- Senior
- Bureau à Bangalore
Description
- Direct and grow a global team of engineers who work to analyze and maintain service stability by documenting policies and best practices in a 7x24x365 operation
- Own the day-to-day health, uptime and reliability of all network, server, storage, and ancillary infrastructure to fulfill the mission of unyielding site stewardship
- Develop, prioritize, and implement process improvement initiatives across the organization. Determine factors for compliance and enforcement
- Work closely with cross functional teams to negotiate requirements, specifications, schedules, quality, and technical acceptance criteria for onboarding new features, functionality, services, etc
- Work closely with engineering, operations, product and project management peers to develop innovative technical solutions that meet TiVo’s needs with respect to functionality, performance, scalability, and reliability for tools, processes, speed to identify and resolve outages and incidents, and onboarding of new customers, products, and services
- Work with regional leads to establish organizational goals and meet recruiting objectives
- Participate in recovery from and forensic examination of major site incidents
- Develop reports, analytics, and incorporate feedback to inform technical solutions and drive innovation and efficiencies
- Familiarity with and the ability to grow team members in Incident management, Change management, Problem management, Availability management
- Publish Metrics and KPI dashboards to continually measure and improve the NOC processes
- Responsible for managing the end-to-end lifecycle of problems arising from incidents across corporate and customer facing environments (B2B and B2C)

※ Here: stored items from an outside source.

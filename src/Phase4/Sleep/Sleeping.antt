-- ===== src/Phase4/Sleep/Sleeping.antt =====
-- ourSleep of phase4a/phase4.c as a whole, for a process that slept before.
use process_control.Base.{
  ℕ, ◌+◌, ◌*◌, ◌%◌, ◌<◌, if◌then◌else◌, ◌≡◌, ◌≢◌, refl, ap, sym, ◌∙◌, subst, true, false, Option,
  none, some, List, [], ◌∷◌, length, has, arith, update_self, update_ne, update_field,
}
use process_control.Base.Int.{ℤ, pos, negsuc, ◌+ℤ◌, times, eqb_ℤ}
use process_control.Base.Run.{done, yields, fault, out_of_fuel, bind}
use process_control.Base.Chain.{Chain, Distinct}
use process_control.Base.Sysargs.{Sysargs}
use process_control.Phase4.State.{State, Routine, max_proc, mbox_send}
use process_control.Phase4.Sleep.{
  in_time, leb_ℤ, set_end_sleep, create_shadow_process, get_process, add_to_priority_queue,
  our_sleep,
}
use process_control.Phase4.Sleep.Insertion.{IsSorted, insert}
use process_control.Phase4.Sleep.Order.{sleep_links, end_of, add_to_priority_queue-insert}

-- When a sleep of `arg1` seconds that begins now is over.
abbrev pub wake_time : Sysargs → State → ℤ
wake_time args s = times 1000 args.arg1 +ℤ pos (s.global_clock_ticks * 100)

-- The state with that time in the entry of the process.
abbrev pub timed : ℕ → Sysargs → State → State
timed p args s = set_end_sleep p (wake_time args s) s

IsSorted-fresh :
    (f g : ℕ → ℤ) (p : ℕ) (xs : List ℕ)
    → ((i : ℕ) → p ≢ i → g i ≡ f i)
    → has p xs ≡ false
    → IsSorted f xs
    → IsSorted g xs
IsSorted-fresh f g p [] same fresh sorted = tt
IsSorted-fresh f g p (x ∷ []) same fresh sorted = tt
IsSorted-fresh f g p (x ∷ y ∷ xs) same fresh sorted = (
  ap (λ z. leb_ℤ z (g y)) (same x (ground (arith, fresh)))
      ∙ ap (leb_ℤ (f x)) (same y (ground (arith, fresh)))
      ∙ sorted.0,
  IsSorted-fresh f g p (y ∷ xs) same (ground (arith, fresh)) sorted.1,
)

eqb-same : (z : ℤ) → eqb_ℤ z z ≡ true
eqb-same (pos n) = ground arith
eqb-same (negsuc n) = ground arith

get_process-known :
    (pid : ℕ) (seconds : ℤ) (s : State)
    → (s.shadow_process_table (pid % max_proc)).pid ≡ pos pid
    → get_process (pos pid) seconds s
      ≡ done (pid % max_proc) (set_end_sleep (pid % max_proc) seconds s)
unfolding get_process
get_process-known pid seconds s own =
    let p = pid % max_proc in
    ap
      (λ b.
        if b
        then done p (set_end_sleep p seconds s)
        else bind (create_shadow_process p seconds (pos pid) s)
            (λ _ t. done p (set_end_sleep p seconds t)))
      (ap (eqb_ℤ (pos pid)) own ∙ eqb-same (pos pid))

-- The mailbox of the process that is put into the queue stays its own.
add_to_priority_queue-mbox_id :
    (p : ℕ) (s t : State)
    → add_to_priority_queue p s ≡ some t
    → (t.shadow_process_table p).mbox_id ≡ (s.shadow_process_table p).mbox_id
unfolding add_to_priority_queue
add_to_priority_queue-mbox_id p s t e = ground arith

-- A process that has an entry of its own, and is not in the queue, which is a chain of distinct
-- processes no longer than the table, is put into the queue by the time at which its sleep is over,
-- which its entry then holds, and blocks in a send to its mailbox; woken, it gets 0. The times fit an
-- `int`. A queue in the
-- order of the times stays in this order. In an empty queue its own link has to be NULL.
pub our_sleep-insert :
    (pid : ℕ) (args : Sysargs) (xs : List ℕ) (s : State)
    → in_time args.arg1 s ≡ true
    → (s.shadow_process_table (pid % max_proc)).pid ≡ pos pid
    → Chain (sleep_links s) s.priority_queue_head xs
    → Distinct xs
    → has (pid % max_proc) xs ≡ false
    → length xs < max_proc + 1
    → (xs ≡ [] → sleep_links s (pid % max_proc) ≡ none)
    → let p = pid % max_proc in
      let times_behind = end_of (timed p args s) in
      (t : State) × (our_sleep (pos pid) args s
        ≡ yields (mbox_send (s.shadow_process_table p).mbox_id) t (λ _ u. done (pos 0) u))
      × Chain (sleep_links t) t.priority_queue_head (insert times_behind p xs)
      × (times_behind p ≡ wake_time args s)
      × (IsSorted (end_of s) xs → IsSorted (end_of t) (insert times_behind p xs))
unfolding our_sleep bind
our_sleep-insert pid args xs s fits own chain d fresh l clear =
    let p = pid % max_proc in
    let u = timed p args s in
    let links : sleep_links u ≡ sleep_links s = λ i k.
      update_field s.shadow_process_table (λ x. x.next) p
        (record (s.shadow_process_table p) { end_sleep = wake_time args s }) refl k i in
    let (t, added, chained, sorted) =
      add_to_priority_queue-insert p xs u
        (subst (λ f. Chain f s.priority_queue_head xs) (sym links) chain) d fresh l
        (λ e. (λ i. links i p) ∙ clear e) in
    (
      t,
      ap (λ b. if b then bind (get_process (pos pid) (wake_time args s) s) sleeps else fault s) fits
          ∙ ap (λ r. bind r sleeps) (get_process-known pid (wake_time args s) s own)
          ∙ ap (queued p u) added
          ∙ ap (λ z. yields (mbox_send z) t (λ _ v. done (pos 0) v))
              (add_to_priority_queue-mbox_id p u t added
                ∙ ap (λ x. x.mbox_id) (update_self s.shadow_process_table p _)),
      chained,
      ap (λ x. x.end_sleep) (update_self s.shadow_process_table p _),
      λ before. sorted (
          IsSorted-fresh (end_of s) (end_of u) p xs
            (λ i ne. ap (λ x. x.end_sleep) (update_ne s.shadow_process_table _ ne)) fresh before),
    )
  where
    queued : ℕ → State → Option State → Routine ℤ
    queued p t none = out_of_fuel t
    queued p t (some u) =
        yields (mbox_send (u.shadow_process_table p).mbox_id) u (λ _ v. done (pos 0) v)

    sleeps : ℕ → State → Routine ℤ
    sleeps p t = queued p t (add_to_priority_queue p t)
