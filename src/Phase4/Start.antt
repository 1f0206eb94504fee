-- ===== src/Phase4/Start.antt =====
-- phase4_start_service_processes of phase4a/phase4.c.
use process_control.Base.{ℕ, zero, suc, ◌+◌, if◌then◌else◌, update}
use process_control.Base.Int.{ℤ, pos, eqb_ℤ}
use process_control.Base.Run.{done, yields, fault, bind}
use process_control.Phase4.State.{State, Routine, max_line, control, fork_daemon, mbox_create}

-- The interrupts of the terminals `unit`, …; an answer that is not USLOSS_DEV_OK fails an `assert`.
unfoldable pub enable_terminals : ℤ → ℕ → ℕ → State → Routine (Unit {0})
enable_terminals dev_ok zero unit s = done tt s
enable_terminals dev_ok (suc units) unit s = yields (control (pos unit) (pos 6)) s (λ answer t.
    if eqb_ℤ answer dev_ok then enable_terminals dev_ok units (unit + 1) t else fault t)

unfoldable pub fork_daemons : ℕ → ℕ → State → Routine (Unit {0})
fork_daemons zero i s = done tt s
fork_daemons (suc daemons) i s =
    yields (fork_daemon i) s (λ pid t.
      fork_daemons daemons (i + 1) (record t { daemon_pids = update t.daemon_pids i pid }))

-- The arrays of mailboxes.
pub data Boxes : Type 0 where
  term_lock term_read term_write disk_size disk_lock disk_mbox : Boxes

abbrev pub store : Boxes → ℕ → ℤ → State → State
store term_lock i id s = record s { term_lock_mbox = update s.term_lock_mbox i id }
store term_read i id s = record s { term_read_mbox = update s.term_read_mbox i id }
store term_write i id s = record s { term_write_mbox = update s.term_write_mbox i id }
store disk_size i id s = record s { disk_size_mbox = update s.disk_size_mbox i id }
store disk_lock i id s = record s { disk_lock = update s.disk_lock i id }
store disk_mbox i id s = record s { disk_mbox = update s.disk_mbox i id }

-- `array[i] = MboxCreate(slots, size);` for the entries `i`, ….
unfoldable pub create_boxes : ℕ → Boxes → ℕ → ℕ → ℕ → State → Routine (Unit {0})
create_boxes zero array slots size i s = done tt s
create_boxes (suc count) array slots size i s =
    yields (mbox_create slots size) s
      (λ id t. create_boxes count array slots size (i + 1) (store array i id t))

unfoldable pub phase4_start_service_processes : ℤ → State → Routine (Unit {0})
unfolding enable_terminals fork_daemons create_boxes bind
phase4_start_service_processes dev_ok s = bind (enable_terminals dev_ok 4 0 s) (λ _ s1.
    bind (fork_daemons 7 0 s1) (λ _ s2. bind (create_boxes 4 term_lock 1 0 0 s2) (λ _ s3.
      bind (create_boxes 4 term_read 10 max_line 0 s3) (λ _ s4.
        bind (create_boxes 4 term_write 1 1 0 s4) (λ _ s5.
          bind (create_boxes 2 disk_size 0 0 0 s5) (λ _ s6.
            bind (create_boxes 2 disk_lock 1 0 0 s6)
              (λ _ s7. create_boxes 2 disk_mbox 1 0 0 s7)))))))
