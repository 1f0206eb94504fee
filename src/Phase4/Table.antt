-- ===== src/Phase4/Table.antt =====
-- phase4_init of phase4a/phase4.c: the handlers of the system calls.
use process_control.Base.{ℕ, ◌≡◌, refl, ◌∙◌, Option, some, List, [], ◌∷◌}
use process_control.Base.Int.{ℤ}
use process_control.Base.Run.{done, bind}
use process_control.Base.Sysargs.{Sysargs}
use process_control.Base.Syscalls.{
  Number, TellsApart, register, last_for, register-last_for, sys_spawn, sys_wait, sys_terminate,
  sys_semcreate, sys_semp, sys_semv, sys_semfree, sys_gettimeofday, sys_getprocinfo, sys_getpid,
  sys_sleep, sys_termread, sys_termwrite, sys_disksize, sys_diskread, sys_diskwrite,
}
use process_control.Phase4.State.{State, Routine, Usloss}
use process_control.Phase4.Sleep.{our_sleep}
use process_control.Phase4.Terminal.{our_term_read, our_term_write}
use process_control.Phase4.Disk.{our_disk_size, our_disk_read, our_disk_write}

abbrev pub Handler : Type 0
Handler = Sysargs → State → Routine Sysargs

-- ourSleep leaves its arguments as they are. `pid` is what getpid returns.
unfoldable pub sleep_handler : ℤ → Handler
unfolding our_sleep bind
sleep_handler pid args s = bind (our_sleep pid args s) (λ _ t. done args t)

-- The assignments, in their order. `text` is the string at an address.
abbrev pub handlers : Usloss → ℤ → (ℤ → List ℕ) → List (Number × Handler)
handlers u pid text =
    (sys_sleep, sleep_handler pid)
    ∷ (sys_termread, our_term_read)
    ∷ (sys_termwrite, λ args. our_term_write (text args.arg1) args)
    ∷ (sys_disksize, our_disk_size)
    ∷ (sys_diskread, our_disk_read u)
    ∷ (sys_diskwrite, our_disk_write u)
    ∷ []

unfoldable pub phase4_init :
    (Number → ℕ) → Usloss → ℤ → (ℤ → List ℕ) → (ℕ → Option Handler) → ℕ → Option Handler
unfolding register
phase4_init number u pid text = register number (handlers u pid text)

-- Which call a handler is for.
abbrev pub handler_of : Usloss → ℤ → (ℤ → List ℕ) → Number → Option Handler → Option Handler
handler_of u pid text sys_sleep old = some (sleep_handler pid)
handler_of u pid text sys_termread old = some our_term_read
handler_of u pid text sys_termwrite old = some (λ args. our_term_write (text args.arg1) args)
handler_of u pid text sys_disksize old = some our_disk_size
handler_of u pid text sys_diskread old = some (our_disk_read u)
handler_of u pid text sys_diskwrite old = some (our_disk_write u)
handler_of u pid text _ old = old

last_for-handler_of :
    (u : Usloss) (pid : ℤ) (text : ℤ → List ℕ) (n : Number) (old : Option Handler)
    → last_for n (handlers u pid text) old ≡ handler_of u pid text n old
unfolding last_for
last_for-handler_of u pid text sys_spawn old = refl
last_for-handler_of u pid text sys_wait old = refl
last_for-handler_of u pid text sys_terminate old = refl
last_for-handler_of u pid text sys_semcreate old = refl
last_for-handler_of u pid text sys_semp old = refl
last_for-handler_of u pid text sys_semv old = refl
last_for-handler_of u pid text sys_semfree old = refl
last_for-handler_of u pid text sys_gettimeofday old = refl
last_for-handler_of u pid text sys_getprocinfo old = refl
last_for-handler_of u pid text sys_getpid old = refl
last_for-handler_of u pid text sys_sleep old = refl
last_for-handler_of u pid text sys_termread old = refl
last_for-handler_of u pid text sys_termwrite old = refl
last_for-handler_of u pid text sys_disksize old = refl
last_for-handler_of u pid text sys_diskread old = refl
last_for-handler_of u pid text sys_diskwrite old = refl

-- When the numbers tell the calls apart, each of the six calls of the phase finds its handler in
-- the table, and every other call what was there before.
pub phase4_init-handler_of :
    (number : Number → ℕ) (u : Usloss) (pid : ℤ) (text : ℤ → List ℕ) (vec : ℕ → Option Handler)
    → TellsApart number
    → (n : Number)
    → phase4_init number u pid text vec (number n) ≡ handler_of u pid text n (vec (number n))
unfolding phase4_init
phase4_init-handler_of number u pid text vec apart n =
    register-last_for number apart n (handlers u pid text) vec
    ∙ last_for-handler_of u pid text n (vec (number n))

- Review and approve external communications from the NOC team to B2B customers regarding incidents
- Provide guidance with Failed Change Review/Root Cause Analysis sessions held with cross-functional teams to identify the root cause of failed changes/problems and prevent recurrence
- Partner and collaborate with Customer Success leaders to understand (and educate the NOC team members in) customer requirements, contractual obligations, and expectations for providing exceptional service/communications to Xperi customers in areas of responsibility (high priority incident management and event management) where working directly with customers is required
- This is an onsite role reporting into the Xperi office:
- Full time in office 5 days a week
- May require working holidays or off-hours
- Must be adaptable to Operational Requirements
- A minimum of 7+ years of experience managing an operations organization in a 24x7 global infrastructure as well as a record of individual technical achievement.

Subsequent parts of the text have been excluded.